Jackbox Games
Recognize the Jackbox bald guy? You've seen him on "You Don't Know Jack" CD-ROMs in the '90s.
Jackbox Games
By Alex Lauer / May 21, 2020 7:25 am

What do Jeff Baena, co-writer of I Heart Huckabees; Aimee Lucido, crossword-puzzle expert at The New Yorker; and Jack Black, burgeoning TikTok star, have in common? During quarantine, they’ve all turned to Jackbox Games for comfort.

Jackbox, in the most basic sense, makes party games. If the name doesn’t ring a bell, its most popular games — like Trivia Murder Party, Fibbage or the classic You Don’t Know Jack — might. While the company traces its origin back to 1989 (and the CD-ROM), it has become the unlikely source of entertainment in 2020 for thousands of sequestered people around the world. 

For those who have been missing out, here’s how it works: Jackbox has been releasing packs of party games since 2014, which can be accessed through your computer, smart TV or video-game console of choice. During pre-pandemic times, people would gather in living rooms to play, but while social-distancing is in place, streaming these games through platforms like Discord, Steam or even your standard video-conferencing services like Zoom has been the norm. The games range from trivia to rap and joke battles to Pictionary-esque drawing challenges, but everything has a twist. The most important element, however, is that every player uses their smartphone as a controller. In fact, it’s the smartphone-as-controller element that saved Jackbox from ruin back in 2014, and subsequently saved all of us from having to resort to lesser games while cooped up at home.

For those over 30, the memories of Jackbox likely go back to the aforementioned CD-ROM days, when the company was called Jellyvision and You Don’t Know Jack wasn’t a downloadable, streamable, playable-anywhere game, but simply trivia you could play on your PC with a sarcastic bald guy. Harry Gottlieb was the man behind it all, and in a 2018 feature in GQ, he described the company’s situation in 2014 like this: “We had literally run out of money. It couldn’t have been closer to the plane crashing. But we had this idea, which we’d been knocking around for, like, a decade: using your phone as a controller.”
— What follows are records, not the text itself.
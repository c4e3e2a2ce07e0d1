-- ===== src/Session/Loop/Recovery.antt =====
-- The end of an outage in `forward_loop` of src/session/forward.rs.
use traffic_director.Session.Replay.Answers.{IsConnack, Resubscribed}
use traffic_director.Session.Replay.Flush.{raws}
use traffic_director.Window.{broker_retransmits, client_retransmits}
use traffic_director.Session.Replay.Writes.{wrote}
use traffic_director.Session.Subscriptions.{resubscribe_packet}
use traffic_director.Session.Handshake.{force_session_resumption}
use traffic_director.Session.{codec_for}
use traffic_director.Session.Backoff.{on_no_stream}
use traffic_director.Session.Outage.{broker_retry_max, empty_buffer, broker_retry_initial}
use traffic_director.Session.Replay.Order.{establish_broker-order}
use traffic_director.Session.Replay.Leftover.{Drains, Encodes}
use traffic_director.Session.Outage.Buffer.{IsDeferred}
use traffic_director.Session.Connected.{Loop, continues}
use traffic_director.Session.Freeze.{connect_step, Session}
use traffic_director.Session.Conn.{Conn, Next, after_next}
use traffic_director.Session.Loop.{
  Event, wait_ends, forward_loop, turn, outage, on_wait, link_of, reconnected, after_link,
}
use traffic_director.Codec.{MqttPacket, CodecLib, ProtocolVersion}
use traffic_director.Prelude.{
  Bytes, ℕ, zero, suc, ◌+◌, ◌*◌, ◌≤◌, ◌≡◌, ◌∙◌, none, some, List, [], ◌∷◌, ◌++◌, length, All, min,
}
use traffic_director.Result.{ok}
use mathlib.Core.Path.{refl}

-- A session that is without a broker and about to connect.
abbrev pub down : {C : Type 0} → Session C → ℕ → ℕ → Loop C
down s delay last = record {
  session = record s { broker = none };
  delay = delay;
  step = connect_step;
  last_client_activity = last;
}

-- The delay after `n` more failed attempts.
abbrev pub slowed : ℕ → ℕ → ℕ
slowed zero delay = delay
slowed (suc n) delay = slowed n (min (delay * 2) broker_retry_max)

-- A connection with a fresh codec and nothing read.
abbrev pub reopened : {C : Type 0} → CodecLib C → Conn C → ProtocolVersion → Conn C
reopened lib stream version = record stream { codec = codec_for lib version; read_buf = [] }

module _ {C : Type 0} (lib : CodecLib C) (id fd : ℕ) (connack suback : Next C) where
  -- `n` connect attempts that fail, each with the sleep that follows it.
  abbrev pub attempts : ℕ → List (Event C) → List (Event C)
  attempts zero events = events
  attempts (suc n) events =
      wait_ends none connack suback ∷ wait_ends none connack suback ∷ attempts n events

  forward_loop-attempts :
      (n : ℕ) (events : List (Event C)) (s : Session C) (delay last : ℕ)
      → forward_loop lib id fd (attempts n events) (down s delay last)
        ≡ forward_loop lib id fd events (down s (slowed n delay) last)
  unfolding forward_loop turn outage on_wait on_no_stream
  forward_loop-attempts zero events s delay last = refl
  forward_loop-attempts (suc n) events s delay last =
      forward_loop-attempts n events s (min (delay * 2) broker_retry_max) last

  -- After any number of failed connect attempts, one that yields a connection ends the outage: if
  -- the CONNECT is well formed, the CONNACK and the SUBACK arrive and the connections accept the
  -- writes, the session is connected, the broker has been sent the CONNECT that asks for resumption,
  -- the re-SUBSCRIBE, the retransmissions and all that was held back, in this order, the client has
  -- been sent the leftover packets and the retransmissions, nothing is held back any more, and the
  -- next outage begins with the shortest delay.
  pub forward_loop-recovers :
      (n : ℕ) (stream : Conn C) (s : Session C) (delay last : ℕ) (patched : Bytes)
      (sub : List Bytes) (ps : List MqttPacket) (frames to_broker to_client : List Bytes)
      → force_session_resumption s.hs.connect_raw ≡ ok patched
      → IsConnack connack
      → Resubscribed lib
          (resubscribe_packet lib s.subscriptions s.hs.version)
          suback
          (after_next (wrote (reopened lib stream s.hs.version) (patched ∷ [])) connack)
          sub
      → Drains lib (codec_for lib s.hs.version) s.broker_leftover ps
      → length ps ≤ length s.broker_leftover
      → Encodes lib s.client.codec ps frames
      → broker_retransmits s.windows ≡ ok to_broker
      → client_retransmits s.windows ≡ ok to_client
      → All IsDeferred s.buffer.entries
      → 1 + length sub + length to_broker + length s.buffer.entries ≤ stream.room
      → length frames + length to_client ≤ s.client.room
      → (b : Conn C) × (l : Loop C) × (forward_loop lib id fd
            (attempts n (wait_ends (some stream) connack suback ∷ []))
            (down s delay last)
          ≡ (ok continues, l))
        × (l.session.broker ≡ some b)
        × (b.sent
            ≡ ((stream.sent ++ (patched ∷ [])) ++ sub) ++ (to_broker ++ raws s.buffer.entries))
        × (l.session.client.sent ≡ s.client.sent ++ (frames ++ to_client))
        × (l.session.buffer ≡ empty_buffer)
        × (l.session.broker_leftover ≡ [])
        × (l.delay ≡ broker_retry_initial)
  unfolding forward_loop turn outage on_wait
  forward_loop-recovers n stream s delay last patched sub ps frames to_broker to_client patch
        greeting subscribed d few enc eb ec def rb rc =
      let fresh : Conn C = record stream { codec = codec_for lib s.hs.version; read_buf = [] } in
      let slow : Loop C = down s (slowed n delay) last in
      let (k, done, sent, received, _, _, empty, gone, _) =
        establish_broker-order lib s.hs.version s.hs.connect_raw patched s.subscriptions connack
          suback (link_of slow fresh) sub ps frames to_broker to_client patch greeting subscribed d
          few enc eb ec def rb rc in
      (
        k.broker,
        reconnected lib id fd k.broker (after_link slow k),
        forward_loop-attempts n (wait_ends (some stream) connack suback ∷ []) s delay last
            ∙ rw done,
        refl,
        sent,
        received,
        empty,
        gone,
        refl,
      )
In short, it saved the company, in conjunction with a suite of releases that satisfied seasoned video-gamers, board-game geeks, trivia junkies and the general public. 

I know what you’re thinking, Ugh, I have to download another app to play this? But that’s the beauty of it — you don’t. All you need to do is open a browser, head to Jackbox.tv and then type in the code for the room you and your friends are playing in. If it sounds complicated, trust me, it’s not. And in good form, Jackbox Games has drawn up more detailed instructions on how to play with people who are scattered across town, the state or the country.

The barriers to entry, unlike other popular quarantine video games like Animal Crossing, are surprisingly low. (No dealing with inflated Nintendo Switch prices on eBay.) You can use the tech you have to get up and running, and the games themselves are cheap, and made even cheaper by the discounts Jackbox has been offering pretty much the entire pandemic. For example, Jackbox Party Pack 6, the latest suite of five games to be released, is currently just $21, and the other packs go as low as $12.49. Plus, only one person in your group needs to buy them.

So what are the best games? While there are gems in every single pack and the best course of action is to start with the most recent release and work backwards, here are some highlights:

  • Fibbage XL (Party Pack 1): Fibbage was the first game released in the new smartphone-controller phase of Jackbox and continues to be one of them most popular. Try to convince friends to pick your answer to trivia questions over the real one.
  • Trivia Murder Party 2 (Party Pack 6): A fast-paced, horror-themed trivia game that pits players who answer incorrectly against each other in different challenges. 
  • Mad Verse City (Party Pack 5): It’s a rap battle, but with the added help of Mad Libs-esque prompts. 
  • Joke Boat (Party Pack 6): It’s like the rap battle, but with jokes. To start the game, all the players get to submit potential setups, and then you have to write the punchline.
  • Split the Room (Party Pack 5): Everyone writes hypothetical situations, but the point isn’t to get people on your side, it’s to, uh, split the room. 

No matter how long social-distancing recommendations last, these are going to be your savior — if they haven’t been already.